Saved entries
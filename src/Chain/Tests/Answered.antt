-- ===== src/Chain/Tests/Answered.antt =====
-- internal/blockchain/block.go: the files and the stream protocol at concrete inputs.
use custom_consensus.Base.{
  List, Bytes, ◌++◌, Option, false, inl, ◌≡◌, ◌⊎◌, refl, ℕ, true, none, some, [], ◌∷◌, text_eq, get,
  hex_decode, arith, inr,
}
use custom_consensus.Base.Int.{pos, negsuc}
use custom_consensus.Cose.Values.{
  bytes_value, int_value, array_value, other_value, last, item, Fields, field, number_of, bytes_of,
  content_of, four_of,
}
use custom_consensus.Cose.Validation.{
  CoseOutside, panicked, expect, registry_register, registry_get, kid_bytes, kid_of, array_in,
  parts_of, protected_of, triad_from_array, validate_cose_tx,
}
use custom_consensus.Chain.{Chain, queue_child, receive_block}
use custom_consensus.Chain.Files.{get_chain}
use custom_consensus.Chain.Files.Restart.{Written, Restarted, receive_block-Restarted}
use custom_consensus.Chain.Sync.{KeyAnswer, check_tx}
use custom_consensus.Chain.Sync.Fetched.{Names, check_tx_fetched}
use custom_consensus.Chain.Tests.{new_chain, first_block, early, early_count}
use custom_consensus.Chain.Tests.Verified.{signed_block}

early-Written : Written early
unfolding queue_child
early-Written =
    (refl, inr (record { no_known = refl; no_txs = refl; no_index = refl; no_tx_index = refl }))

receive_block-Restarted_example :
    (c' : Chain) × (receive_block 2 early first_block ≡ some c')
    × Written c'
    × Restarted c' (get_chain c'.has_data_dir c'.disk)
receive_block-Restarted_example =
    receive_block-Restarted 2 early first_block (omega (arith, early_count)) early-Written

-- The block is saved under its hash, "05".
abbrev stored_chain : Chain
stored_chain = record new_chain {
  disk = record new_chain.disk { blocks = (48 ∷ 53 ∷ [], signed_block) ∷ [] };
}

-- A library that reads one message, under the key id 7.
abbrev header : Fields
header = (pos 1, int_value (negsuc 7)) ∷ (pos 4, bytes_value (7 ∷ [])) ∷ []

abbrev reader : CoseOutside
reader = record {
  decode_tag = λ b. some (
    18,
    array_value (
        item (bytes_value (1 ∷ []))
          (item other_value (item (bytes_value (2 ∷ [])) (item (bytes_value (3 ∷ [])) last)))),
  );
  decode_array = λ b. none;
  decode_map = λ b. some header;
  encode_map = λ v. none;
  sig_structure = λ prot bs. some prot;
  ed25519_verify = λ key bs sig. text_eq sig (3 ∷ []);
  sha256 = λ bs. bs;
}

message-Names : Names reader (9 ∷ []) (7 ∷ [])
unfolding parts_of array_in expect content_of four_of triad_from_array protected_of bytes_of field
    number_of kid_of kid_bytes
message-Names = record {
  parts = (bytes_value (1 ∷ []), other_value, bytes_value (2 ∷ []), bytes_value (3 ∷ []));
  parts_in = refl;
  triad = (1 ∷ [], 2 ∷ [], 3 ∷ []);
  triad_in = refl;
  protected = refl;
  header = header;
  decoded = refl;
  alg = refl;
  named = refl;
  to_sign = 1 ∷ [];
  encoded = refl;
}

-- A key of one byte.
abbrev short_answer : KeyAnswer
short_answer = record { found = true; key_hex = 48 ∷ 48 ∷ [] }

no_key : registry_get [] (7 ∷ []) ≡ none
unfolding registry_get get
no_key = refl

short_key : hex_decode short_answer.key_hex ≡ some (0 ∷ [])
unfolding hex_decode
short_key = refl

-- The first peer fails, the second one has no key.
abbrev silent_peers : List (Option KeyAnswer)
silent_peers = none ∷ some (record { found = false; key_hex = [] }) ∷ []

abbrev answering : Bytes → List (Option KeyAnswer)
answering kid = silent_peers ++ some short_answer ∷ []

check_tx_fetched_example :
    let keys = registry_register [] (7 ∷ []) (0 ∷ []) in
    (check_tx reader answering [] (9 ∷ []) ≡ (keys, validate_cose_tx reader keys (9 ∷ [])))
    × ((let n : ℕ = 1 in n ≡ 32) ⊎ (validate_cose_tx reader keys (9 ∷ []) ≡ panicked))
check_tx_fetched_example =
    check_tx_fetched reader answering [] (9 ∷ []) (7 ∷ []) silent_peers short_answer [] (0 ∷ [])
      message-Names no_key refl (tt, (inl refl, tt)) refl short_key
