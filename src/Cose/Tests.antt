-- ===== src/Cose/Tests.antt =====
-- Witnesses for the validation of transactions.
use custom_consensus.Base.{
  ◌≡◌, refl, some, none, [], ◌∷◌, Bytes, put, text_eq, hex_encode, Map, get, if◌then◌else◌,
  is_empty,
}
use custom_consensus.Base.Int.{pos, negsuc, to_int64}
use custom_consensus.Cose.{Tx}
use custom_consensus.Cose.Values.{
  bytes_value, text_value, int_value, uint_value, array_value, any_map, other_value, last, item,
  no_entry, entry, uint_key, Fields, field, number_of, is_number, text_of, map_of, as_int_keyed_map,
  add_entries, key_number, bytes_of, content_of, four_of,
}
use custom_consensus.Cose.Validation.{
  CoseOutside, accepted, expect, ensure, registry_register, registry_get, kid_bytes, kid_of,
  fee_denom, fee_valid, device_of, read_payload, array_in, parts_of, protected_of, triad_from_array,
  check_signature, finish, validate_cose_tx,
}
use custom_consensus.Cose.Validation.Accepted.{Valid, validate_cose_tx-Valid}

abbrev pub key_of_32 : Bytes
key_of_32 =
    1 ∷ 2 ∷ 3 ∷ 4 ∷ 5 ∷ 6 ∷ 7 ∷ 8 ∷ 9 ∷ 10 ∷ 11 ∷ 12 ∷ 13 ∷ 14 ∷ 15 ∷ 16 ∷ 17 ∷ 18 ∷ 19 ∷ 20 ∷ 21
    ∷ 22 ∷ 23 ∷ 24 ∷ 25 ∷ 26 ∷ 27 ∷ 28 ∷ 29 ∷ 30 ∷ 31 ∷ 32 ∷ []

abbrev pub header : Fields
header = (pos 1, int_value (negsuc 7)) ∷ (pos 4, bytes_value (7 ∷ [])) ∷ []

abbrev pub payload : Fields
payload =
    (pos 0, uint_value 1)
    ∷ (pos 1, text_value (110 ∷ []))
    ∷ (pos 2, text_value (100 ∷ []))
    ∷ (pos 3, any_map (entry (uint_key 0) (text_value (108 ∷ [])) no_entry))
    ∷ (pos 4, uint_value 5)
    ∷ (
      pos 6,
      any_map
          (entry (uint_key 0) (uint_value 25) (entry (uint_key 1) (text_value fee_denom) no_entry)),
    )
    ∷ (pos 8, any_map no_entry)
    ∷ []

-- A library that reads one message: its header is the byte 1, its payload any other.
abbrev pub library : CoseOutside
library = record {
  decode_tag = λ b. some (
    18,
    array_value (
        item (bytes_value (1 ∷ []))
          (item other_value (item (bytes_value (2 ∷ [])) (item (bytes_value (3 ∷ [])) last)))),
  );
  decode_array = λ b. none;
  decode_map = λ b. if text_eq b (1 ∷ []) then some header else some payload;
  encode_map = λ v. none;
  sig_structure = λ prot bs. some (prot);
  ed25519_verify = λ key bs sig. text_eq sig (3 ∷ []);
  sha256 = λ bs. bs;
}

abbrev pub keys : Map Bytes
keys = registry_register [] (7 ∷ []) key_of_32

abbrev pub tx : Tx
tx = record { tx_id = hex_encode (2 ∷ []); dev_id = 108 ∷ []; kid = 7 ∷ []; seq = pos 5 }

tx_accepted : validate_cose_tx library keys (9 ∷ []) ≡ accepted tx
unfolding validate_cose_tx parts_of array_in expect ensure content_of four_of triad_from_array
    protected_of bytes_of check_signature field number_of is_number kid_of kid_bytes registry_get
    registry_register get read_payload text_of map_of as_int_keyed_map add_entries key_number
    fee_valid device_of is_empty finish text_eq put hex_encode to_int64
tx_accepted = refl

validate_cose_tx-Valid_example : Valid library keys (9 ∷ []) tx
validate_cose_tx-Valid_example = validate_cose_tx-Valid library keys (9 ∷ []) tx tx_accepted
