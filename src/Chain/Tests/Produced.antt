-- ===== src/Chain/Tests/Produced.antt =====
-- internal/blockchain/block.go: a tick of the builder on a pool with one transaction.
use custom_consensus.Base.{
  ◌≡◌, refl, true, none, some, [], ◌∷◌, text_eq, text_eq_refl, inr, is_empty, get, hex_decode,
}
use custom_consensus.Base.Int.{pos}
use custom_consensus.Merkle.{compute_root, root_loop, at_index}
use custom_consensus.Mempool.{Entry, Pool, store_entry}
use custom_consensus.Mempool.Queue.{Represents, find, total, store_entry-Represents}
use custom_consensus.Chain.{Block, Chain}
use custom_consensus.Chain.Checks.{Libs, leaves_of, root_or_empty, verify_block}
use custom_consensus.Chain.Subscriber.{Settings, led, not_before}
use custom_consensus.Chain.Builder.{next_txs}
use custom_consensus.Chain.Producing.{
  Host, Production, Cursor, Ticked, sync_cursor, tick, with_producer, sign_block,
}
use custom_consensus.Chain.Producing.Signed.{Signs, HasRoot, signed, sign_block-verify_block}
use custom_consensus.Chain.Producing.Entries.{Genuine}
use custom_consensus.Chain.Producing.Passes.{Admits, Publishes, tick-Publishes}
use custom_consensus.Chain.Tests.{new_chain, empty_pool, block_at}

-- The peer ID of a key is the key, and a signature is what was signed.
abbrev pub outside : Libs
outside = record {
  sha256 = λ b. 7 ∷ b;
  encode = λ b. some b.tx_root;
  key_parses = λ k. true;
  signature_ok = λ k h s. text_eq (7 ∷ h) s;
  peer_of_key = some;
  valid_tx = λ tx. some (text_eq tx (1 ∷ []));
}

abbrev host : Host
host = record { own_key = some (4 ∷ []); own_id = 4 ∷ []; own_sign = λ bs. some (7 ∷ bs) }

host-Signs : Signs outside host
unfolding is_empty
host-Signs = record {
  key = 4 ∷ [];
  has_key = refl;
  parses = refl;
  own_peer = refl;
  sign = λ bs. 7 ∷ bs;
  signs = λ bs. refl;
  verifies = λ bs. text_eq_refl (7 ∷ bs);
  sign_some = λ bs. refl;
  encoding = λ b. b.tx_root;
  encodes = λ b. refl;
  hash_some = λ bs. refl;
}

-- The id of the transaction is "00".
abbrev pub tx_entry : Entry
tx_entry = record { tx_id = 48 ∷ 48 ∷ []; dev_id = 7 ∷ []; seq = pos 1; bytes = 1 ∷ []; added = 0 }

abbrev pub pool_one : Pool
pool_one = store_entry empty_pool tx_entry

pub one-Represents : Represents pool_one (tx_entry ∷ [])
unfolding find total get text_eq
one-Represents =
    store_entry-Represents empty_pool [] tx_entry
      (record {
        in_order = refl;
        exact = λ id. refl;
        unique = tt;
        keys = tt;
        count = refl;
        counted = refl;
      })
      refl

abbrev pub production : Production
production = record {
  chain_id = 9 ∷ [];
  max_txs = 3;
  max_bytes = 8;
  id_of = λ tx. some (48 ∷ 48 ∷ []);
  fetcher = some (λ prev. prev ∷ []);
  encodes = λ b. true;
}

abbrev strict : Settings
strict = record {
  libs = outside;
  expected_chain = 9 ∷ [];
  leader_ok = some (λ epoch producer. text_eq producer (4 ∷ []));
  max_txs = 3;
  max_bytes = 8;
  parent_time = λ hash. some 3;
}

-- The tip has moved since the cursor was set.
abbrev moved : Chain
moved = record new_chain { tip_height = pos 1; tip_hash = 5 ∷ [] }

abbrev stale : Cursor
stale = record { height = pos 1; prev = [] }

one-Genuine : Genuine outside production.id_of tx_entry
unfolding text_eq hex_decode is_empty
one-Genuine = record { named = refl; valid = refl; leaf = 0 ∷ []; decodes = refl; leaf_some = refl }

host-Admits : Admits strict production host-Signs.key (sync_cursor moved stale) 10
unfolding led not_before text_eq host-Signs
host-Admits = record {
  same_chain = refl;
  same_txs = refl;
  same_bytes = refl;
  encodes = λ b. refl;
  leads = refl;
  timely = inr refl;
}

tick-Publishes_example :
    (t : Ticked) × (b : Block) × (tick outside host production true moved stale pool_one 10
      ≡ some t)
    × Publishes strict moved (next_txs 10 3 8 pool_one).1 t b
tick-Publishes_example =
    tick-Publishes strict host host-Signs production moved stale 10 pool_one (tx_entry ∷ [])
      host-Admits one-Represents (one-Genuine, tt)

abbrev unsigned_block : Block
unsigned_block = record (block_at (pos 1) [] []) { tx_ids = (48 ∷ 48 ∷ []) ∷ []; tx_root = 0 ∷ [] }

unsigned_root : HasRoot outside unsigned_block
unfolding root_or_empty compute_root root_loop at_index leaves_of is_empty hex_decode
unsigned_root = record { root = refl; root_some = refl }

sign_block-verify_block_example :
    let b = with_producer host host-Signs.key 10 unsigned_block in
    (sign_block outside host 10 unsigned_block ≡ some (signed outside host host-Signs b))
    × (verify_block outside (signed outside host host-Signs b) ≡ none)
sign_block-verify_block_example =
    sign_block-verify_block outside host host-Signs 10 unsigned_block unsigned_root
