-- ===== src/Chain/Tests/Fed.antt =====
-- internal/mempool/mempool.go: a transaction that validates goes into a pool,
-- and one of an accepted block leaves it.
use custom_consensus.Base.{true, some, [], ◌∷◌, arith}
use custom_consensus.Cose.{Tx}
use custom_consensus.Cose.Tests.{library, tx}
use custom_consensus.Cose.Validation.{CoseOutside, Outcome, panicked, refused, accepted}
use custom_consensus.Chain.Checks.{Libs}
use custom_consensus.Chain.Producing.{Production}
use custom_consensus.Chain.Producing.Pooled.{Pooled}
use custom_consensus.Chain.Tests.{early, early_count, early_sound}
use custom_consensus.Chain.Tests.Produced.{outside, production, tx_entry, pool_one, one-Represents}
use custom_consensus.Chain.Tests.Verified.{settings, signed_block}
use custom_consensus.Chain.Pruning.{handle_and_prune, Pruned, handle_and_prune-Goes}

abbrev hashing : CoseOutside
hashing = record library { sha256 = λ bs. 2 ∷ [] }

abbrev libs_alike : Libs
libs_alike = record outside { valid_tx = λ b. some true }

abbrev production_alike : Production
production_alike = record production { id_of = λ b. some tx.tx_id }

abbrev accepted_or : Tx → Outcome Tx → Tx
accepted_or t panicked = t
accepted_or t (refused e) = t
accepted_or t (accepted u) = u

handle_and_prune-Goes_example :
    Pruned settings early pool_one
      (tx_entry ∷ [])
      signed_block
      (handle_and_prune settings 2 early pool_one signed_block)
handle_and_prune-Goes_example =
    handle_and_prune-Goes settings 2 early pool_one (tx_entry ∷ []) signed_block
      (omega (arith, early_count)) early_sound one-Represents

§ Exercise objective: Set down verbatim only the lines between the start of the data above and the line with "receive_block-Restarted 2 early", both boundaries included.

§ Result for this task:
filename src/Chain/Tests/Answered.antt
-- ===== src/Chain/Tests/Answered.antt =====
-- internal/blockchain/block.go: the files and the stream protocol at concrete inputs.
use custom_consensus.Base.{
  List, Bytes, ◌++◌, Option, false, inl, ◌≡◌, ◌⊎◌, refl, ℕ, true, none, some, [], ◌∷◌, text_eq, get,
  hex_decode, arith, inr,
}
use custom_consensus.Base.Int.{pos, negsuc}
use custom_consensus.Cose.Values.{
  bytes_value, int_value, array_value, other_value, last, item, Fields, field, number_of, bytes_of,
  content_of, four_of,
}
use custom_consensus.Cose.Validation.{
  CoseOutside, panicked, expect, registry_register, registry_get, kid_bytes, kid_of, array_in,
  parts_of, protected_of, triad_from_array, validate_cose_tx,
}
use custom_consensus.Chain.{Chain, queue_child, receive_block}
use custom_consensus.Chain.Files.{get_chain}
use custom_consensus.Chain.Files.Restart.{Written, Restarted, receive_block-Restarted}
use custom_consensus.Chain.Sync.{KeyAnswer, check_tx}
use custom_consensus.Chain.Sync.Fetched.{Names, check_tx_fetched}
use custom_consensus.Chain.Tests.{new_chain, first_block, early, early_count}
use custom_consensus.Chain.Tests.Verified.{signed_block}

early-Written : Written early
unfolding queue_child
early-Written =
    (refl, inr (record { no_known = refl; no_txs = refl; no_index = refl; no_tx_index = refl }))

receive_block-Restarted_example :
    (c' : Chain) × (receive_block 2 early first_block ≡ some c')
    × Written c'
    × Restarted c' (get_chain c'.has_data_dir c'.disk)
receive_block-Restarted_example =
    receive_block-Restarted 2 early first_block (omega (arith, early_count)) early-Written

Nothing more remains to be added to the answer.